◆ Data to use

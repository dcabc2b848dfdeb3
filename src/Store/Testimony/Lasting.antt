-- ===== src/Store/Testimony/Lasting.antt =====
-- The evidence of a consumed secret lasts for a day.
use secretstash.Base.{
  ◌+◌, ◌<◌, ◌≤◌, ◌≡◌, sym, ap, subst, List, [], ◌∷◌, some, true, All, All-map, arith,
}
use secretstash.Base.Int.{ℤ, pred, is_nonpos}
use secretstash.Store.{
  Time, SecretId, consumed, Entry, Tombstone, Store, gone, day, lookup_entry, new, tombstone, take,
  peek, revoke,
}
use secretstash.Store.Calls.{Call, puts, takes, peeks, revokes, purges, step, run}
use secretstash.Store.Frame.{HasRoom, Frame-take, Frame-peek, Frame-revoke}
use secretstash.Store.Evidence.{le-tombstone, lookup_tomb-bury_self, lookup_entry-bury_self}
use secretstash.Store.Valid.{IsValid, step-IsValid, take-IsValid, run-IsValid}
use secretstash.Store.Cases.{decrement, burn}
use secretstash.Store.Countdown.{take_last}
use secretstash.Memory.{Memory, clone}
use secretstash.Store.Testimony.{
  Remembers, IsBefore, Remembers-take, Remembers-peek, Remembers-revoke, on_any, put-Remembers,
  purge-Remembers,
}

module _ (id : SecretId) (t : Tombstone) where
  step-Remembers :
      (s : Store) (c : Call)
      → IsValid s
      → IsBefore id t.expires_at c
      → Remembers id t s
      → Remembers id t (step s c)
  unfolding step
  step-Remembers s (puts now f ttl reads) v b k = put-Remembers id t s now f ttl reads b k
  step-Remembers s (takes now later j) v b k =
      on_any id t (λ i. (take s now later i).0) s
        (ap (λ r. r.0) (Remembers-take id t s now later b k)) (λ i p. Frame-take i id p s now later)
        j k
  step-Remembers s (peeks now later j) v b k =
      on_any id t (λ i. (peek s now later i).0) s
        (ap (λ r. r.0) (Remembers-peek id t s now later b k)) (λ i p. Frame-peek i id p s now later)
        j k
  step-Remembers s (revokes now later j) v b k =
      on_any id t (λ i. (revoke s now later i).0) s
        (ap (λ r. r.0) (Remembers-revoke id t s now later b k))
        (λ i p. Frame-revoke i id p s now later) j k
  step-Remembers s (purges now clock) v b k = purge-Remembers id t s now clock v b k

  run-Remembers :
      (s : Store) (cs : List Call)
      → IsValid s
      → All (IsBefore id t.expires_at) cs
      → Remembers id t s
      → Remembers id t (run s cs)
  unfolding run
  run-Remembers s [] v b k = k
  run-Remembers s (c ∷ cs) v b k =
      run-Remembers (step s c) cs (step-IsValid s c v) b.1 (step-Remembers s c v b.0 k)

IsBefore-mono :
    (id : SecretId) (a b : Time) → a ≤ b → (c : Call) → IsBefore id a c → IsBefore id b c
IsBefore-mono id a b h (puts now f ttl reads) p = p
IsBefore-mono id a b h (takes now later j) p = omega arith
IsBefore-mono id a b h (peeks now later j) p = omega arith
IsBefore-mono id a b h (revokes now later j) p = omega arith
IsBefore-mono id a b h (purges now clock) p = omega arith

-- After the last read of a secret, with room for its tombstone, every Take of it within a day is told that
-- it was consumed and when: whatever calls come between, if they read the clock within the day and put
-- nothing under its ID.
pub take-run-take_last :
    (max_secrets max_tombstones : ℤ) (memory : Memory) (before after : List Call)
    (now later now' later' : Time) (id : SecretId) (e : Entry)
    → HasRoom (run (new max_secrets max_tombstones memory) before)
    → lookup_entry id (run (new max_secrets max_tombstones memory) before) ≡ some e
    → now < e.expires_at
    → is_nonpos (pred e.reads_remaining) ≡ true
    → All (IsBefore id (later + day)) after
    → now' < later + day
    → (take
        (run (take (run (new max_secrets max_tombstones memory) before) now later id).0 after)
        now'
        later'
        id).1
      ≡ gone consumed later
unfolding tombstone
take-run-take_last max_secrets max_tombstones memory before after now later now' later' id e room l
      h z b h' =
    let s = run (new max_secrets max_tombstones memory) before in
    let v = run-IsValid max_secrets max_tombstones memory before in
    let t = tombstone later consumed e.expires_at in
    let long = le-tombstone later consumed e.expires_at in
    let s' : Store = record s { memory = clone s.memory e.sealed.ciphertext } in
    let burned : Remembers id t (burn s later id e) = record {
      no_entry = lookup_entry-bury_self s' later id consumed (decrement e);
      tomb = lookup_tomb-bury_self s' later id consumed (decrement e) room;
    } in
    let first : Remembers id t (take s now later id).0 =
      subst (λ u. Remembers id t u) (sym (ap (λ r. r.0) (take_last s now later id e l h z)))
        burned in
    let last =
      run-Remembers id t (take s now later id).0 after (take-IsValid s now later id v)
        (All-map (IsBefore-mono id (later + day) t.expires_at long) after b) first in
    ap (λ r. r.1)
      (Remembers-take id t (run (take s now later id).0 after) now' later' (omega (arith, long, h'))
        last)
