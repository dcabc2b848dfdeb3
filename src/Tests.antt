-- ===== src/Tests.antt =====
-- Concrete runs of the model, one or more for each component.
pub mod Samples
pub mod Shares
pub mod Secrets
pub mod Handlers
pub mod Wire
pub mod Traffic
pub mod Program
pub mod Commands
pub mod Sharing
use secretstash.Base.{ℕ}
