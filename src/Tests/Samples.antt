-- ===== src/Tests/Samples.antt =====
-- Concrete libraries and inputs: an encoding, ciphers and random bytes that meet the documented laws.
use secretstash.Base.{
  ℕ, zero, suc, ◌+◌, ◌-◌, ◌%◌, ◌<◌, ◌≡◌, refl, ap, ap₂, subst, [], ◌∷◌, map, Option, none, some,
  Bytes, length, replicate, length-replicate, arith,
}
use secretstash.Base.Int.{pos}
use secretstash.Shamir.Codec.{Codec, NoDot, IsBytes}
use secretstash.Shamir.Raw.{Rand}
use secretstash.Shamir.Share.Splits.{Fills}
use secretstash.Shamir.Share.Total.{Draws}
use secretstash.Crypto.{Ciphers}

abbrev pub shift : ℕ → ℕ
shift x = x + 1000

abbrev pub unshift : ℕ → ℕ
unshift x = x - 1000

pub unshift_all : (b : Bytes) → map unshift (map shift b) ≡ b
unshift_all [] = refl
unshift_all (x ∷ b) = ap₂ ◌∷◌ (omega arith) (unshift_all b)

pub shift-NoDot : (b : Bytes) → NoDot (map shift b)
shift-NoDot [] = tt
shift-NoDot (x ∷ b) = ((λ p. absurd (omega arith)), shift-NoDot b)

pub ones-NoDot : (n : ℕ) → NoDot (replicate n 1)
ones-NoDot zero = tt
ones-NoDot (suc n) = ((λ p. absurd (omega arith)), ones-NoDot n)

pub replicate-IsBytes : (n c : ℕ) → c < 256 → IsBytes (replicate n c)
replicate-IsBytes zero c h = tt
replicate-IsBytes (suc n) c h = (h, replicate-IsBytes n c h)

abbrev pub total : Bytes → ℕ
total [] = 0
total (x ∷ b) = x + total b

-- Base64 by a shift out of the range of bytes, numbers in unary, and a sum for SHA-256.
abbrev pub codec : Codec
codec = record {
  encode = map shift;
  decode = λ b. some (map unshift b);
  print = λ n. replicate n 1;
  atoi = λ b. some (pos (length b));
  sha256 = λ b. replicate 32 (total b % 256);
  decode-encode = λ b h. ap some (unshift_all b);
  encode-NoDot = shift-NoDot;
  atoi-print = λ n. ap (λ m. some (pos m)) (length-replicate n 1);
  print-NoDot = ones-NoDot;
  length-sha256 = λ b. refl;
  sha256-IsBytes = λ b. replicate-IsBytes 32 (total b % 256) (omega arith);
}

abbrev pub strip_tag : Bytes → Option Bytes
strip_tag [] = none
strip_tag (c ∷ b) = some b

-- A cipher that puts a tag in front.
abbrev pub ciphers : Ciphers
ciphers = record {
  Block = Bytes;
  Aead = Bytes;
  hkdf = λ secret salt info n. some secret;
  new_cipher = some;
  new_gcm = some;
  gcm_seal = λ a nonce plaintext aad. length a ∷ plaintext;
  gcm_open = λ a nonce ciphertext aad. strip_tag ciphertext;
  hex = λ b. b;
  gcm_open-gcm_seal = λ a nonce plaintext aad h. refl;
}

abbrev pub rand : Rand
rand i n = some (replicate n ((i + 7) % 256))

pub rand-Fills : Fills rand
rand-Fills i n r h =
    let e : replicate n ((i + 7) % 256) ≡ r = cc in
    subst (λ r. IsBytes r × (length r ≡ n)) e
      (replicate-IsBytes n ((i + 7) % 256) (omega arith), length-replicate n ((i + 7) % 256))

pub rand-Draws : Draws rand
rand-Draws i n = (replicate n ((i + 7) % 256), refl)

◆ Required work
Which lines above hold the word "unfolding"? Copy each of them.

◆ Output for this task
  unfolding step
  unfolding run
unfolding tombstone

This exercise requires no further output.